Task: From the top of the records below, return each line exactly, ending with the line that contains "-- catalog of the state has.".

Collected data
== Segment start ==

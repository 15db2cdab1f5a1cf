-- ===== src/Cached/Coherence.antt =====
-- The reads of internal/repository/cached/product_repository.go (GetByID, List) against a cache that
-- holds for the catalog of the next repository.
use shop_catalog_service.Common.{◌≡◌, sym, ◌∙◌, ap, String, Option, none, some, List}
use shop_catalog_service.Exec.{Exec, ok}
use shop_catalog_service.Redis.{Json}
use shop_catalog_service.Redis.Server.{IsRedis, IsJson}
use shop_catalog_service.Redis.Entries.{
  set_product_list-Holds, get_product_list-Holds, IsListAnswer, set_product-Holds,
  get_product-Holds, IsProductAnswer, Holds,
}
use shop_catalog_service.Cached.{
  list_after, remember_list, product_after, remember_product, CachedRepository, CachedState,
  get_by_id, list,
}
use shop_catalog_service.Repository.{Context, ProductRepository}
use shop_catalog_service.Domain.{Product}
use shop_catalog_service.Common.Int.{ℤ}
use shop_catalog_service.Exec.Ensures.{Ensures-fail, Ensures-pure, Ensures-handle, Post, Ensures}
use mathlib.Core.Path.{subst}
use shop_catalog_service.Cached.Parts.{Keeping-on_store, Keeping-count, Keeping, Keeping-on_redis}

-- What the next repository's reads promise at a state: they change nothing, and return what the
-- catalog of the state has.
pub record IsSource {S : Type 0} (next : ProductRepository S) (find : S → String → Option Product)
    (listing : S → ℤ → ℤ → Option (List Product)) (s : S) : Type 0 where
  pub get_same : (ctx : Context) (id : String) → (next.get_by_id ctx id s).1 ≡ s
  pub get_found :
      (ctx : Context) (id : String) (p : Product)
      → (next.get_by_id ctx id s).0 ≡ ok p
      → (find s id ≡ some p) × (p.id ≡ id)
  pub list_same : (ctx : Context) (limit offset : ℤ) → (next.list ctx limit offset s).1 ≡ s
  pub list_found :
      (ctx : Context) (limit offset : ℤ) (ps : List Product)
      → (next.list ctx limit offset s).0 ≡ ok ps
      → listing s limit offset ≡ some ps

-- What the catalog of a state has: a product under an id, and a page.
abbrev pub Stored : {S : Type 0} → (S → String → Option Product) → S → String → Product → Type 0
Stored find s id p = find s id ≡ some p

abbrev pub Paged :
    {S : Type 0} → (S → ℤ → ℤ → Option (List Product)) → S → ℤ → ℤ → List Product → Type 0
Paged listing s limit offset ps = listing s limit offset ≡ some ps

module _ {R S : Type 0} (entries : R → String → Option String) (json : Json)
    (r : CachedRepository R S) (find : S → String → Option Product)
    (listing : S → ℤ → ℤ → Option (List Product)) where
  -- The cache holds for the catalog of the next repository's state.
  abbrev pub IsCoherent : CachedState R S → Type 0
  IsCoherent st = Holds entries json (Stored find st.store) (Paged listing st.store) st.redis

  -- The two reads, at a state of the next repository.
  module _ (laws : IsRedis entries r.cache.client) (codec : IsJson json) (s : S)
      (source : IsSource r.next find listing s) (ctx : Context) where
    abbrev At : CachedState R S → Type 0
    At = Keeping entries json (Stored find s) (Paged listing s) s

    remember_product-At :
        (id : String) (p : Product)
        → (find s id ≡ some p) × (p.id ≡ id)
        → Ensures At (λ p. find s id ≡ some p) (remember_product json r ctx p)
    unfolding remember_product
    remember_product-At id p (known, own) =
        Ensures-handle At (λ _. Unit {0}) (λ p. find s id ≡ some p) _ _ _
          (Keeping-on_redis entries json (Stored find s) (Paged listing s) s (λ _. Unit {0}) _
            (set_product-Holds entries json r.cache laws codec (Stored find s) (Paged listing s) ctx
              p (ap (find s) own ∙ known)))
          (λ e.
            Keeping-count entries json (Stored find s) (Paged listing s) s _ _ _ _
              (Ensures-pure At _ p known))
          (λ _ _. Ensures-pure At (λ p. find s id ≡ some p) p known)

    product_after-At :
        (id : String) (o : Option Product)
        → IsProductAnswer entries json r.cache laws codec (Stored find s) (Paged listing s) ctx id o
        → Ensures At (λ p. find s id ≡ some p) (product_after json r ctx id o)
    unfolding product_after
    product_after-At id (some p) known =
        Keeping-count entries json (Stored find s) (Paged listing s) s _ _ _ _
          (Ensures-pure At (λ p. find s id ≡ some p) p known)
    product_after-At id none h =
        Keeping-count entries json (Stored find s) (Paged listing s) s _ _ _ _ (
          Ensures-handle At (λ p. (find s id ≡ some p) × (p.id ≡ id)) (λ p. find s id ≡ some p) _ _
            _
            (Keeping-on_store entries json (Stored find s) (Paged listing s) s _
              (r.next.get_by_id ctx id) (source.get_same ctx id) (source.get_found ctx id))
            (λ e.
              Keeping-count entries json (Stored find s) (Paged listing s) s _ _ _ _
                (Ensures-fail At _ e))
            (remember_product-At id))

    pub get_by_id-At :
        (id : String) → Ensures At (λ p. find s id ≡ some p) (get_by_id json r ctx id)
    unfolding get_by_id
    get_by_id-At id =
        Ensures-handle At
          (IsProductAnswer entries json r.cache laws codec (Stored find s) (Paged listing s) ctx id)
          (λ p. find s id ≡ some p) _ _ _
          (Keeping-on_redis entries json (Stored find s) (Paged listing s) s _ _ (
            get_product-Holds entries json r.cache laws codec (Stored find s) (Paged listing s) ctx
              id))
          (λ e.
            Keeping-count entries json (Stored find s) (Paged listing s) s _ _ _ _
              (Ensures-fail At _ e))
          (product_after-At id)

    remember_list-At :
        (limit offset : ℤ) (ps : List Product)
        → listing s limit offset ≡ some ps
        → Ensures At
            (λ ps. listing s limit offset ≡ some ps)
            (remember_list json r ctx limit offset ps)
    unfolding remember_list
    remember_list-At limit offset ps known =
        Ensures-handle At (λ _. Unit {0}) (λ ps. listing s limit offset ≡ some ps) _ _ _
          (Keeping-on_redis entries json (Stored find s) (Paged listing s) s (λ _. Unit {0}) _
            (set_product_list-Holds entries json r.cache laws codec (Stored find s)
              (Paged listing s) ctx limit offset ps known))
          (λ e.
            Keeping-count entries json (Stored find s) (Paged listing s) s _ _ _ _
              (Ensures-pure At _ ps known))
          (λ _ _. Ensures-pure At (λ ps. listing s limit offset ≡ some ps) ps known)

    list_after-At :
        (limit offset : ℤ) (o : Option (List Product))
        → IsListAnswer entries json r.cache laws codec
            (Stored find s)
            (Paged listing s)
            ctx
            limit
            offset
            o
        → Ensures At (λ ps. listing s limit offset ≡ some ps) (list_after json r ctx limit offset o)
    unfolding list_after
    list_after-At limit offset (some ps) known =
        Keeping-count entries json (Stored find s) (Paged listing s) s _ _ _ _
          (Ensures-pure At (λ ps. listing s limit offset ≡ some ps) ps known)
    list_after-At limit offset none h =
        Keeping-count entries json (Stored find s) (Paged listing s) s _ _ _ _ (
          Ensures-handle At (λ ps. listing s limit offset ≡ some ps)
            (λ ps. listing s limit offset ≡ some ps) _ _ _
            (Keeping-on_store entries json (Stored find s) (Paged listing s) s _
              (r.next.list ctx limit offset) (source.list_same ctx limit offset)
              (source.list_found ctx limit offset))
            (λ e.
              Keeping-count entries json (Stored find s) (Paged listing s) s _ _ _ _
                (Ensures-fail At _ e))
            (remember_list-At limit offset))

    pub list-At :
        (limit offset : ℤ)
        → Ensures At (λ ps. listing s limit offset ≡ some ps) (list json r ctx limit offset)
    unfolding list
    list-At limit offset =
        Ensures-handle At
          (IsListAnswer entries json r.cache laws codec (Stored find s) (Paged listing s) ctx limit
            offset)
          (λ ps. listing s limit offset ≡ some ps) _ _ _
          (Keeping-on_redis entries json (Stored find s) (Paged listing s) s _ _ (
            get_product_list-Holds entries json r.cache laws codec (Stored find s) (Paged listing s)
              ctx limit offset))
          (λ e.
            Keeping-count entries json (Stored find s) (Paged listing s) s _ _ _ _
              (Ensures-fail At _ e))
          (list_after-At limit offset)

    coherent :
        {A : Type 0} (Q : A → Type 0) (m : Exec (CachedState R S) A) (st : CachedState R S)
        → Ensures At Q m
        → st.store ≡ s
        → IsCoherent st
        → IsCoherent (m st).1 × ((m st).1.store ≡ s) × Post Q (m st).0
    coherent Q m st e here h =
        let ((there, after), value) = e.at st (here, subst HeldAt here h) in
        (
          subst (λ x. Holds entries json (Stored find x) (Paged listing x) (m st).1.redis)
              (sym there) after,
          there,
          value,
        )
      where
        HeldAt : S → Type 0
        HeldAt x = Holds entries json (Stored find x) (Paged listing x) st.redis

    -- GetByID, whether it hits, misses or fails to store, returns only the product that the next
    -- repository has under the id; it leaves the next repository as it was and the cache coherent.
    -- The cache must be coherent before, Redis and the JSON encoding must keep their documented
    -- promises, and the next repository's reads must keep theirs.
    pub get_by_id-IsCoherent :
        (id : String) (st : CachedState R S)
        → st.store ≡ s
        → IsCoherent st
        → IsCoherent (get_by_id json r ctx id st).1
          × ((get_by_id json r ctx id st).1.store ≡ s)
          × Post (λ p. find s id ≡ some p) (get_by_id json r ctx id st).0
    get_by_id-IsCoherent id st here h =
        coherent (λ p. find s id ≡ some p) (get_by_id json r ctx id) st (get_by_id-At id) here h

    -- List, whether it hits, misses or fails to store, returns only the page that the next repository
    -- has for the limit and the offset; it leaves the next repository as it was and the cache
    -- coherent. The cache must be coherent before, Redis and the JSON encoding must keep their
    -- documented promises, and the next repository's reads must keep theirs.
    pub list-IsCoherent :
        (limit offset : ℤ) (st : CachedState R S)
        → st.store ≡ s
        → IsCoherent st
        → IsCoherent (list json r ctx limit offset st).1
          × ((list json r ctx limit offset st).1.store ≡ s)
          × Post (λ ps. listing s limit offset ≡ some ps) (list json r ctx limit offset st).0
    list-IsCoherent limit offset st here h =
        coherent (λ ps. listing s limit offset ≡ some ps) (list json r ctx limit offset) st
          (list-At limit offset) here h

== Segment end ==

Exercise result:
repository 15db2cdab1f5a1cf
-- ===== src/Cached/Coherence.antt =====
-- The reads of internal/repository/cached/product_repository.go (GetByID, List) against a cache that
-- holds for the catalog of the next repository.
use shop_catalog_service.Common.{◌≡◌, sym, ◌∙◌, ap, String, Option, none, some, List}
use shop_catalog_service.Exec.{Exec, ok}
use shop_catalog_service.Redis.{Json}
use shop_catalog_service.Redis.Server.{IsRedis, IsJson}
use shop_catalog_service.Redis.Entries.{
  set_product_list-Holds, get_product_list-Holds, IsListAnswer, set_product-Holds,
  get_product-Holds, IsProductAnswer, Holds,
}
use shop_catalog_service.Cached.{
  list_after, remember_list, product_after, remember_product, CachedRepository, CachedState,
  get_by_id, list,
}
use shop_catalog_service.Repository.{Context, ProductRepository}
use shop_catalog_service.Domain.{Product}
use shop_catalog_service.Common.Int.{ℤ}
use shop_catalog_service.Exec.Ensures.{Ensures-fail, Ensures-pure, Ensures-handle, Post, Ensures}
use mathlib.Core.Path.{subst}
use shop_catalog_service.Cached.Parts.{Keeping-on_store, Keeping-count, Keeping, Keeping-on_redis}

-- What the next repository's reads promise at a state: they change nothing, and return what the
-- catalog of the state has.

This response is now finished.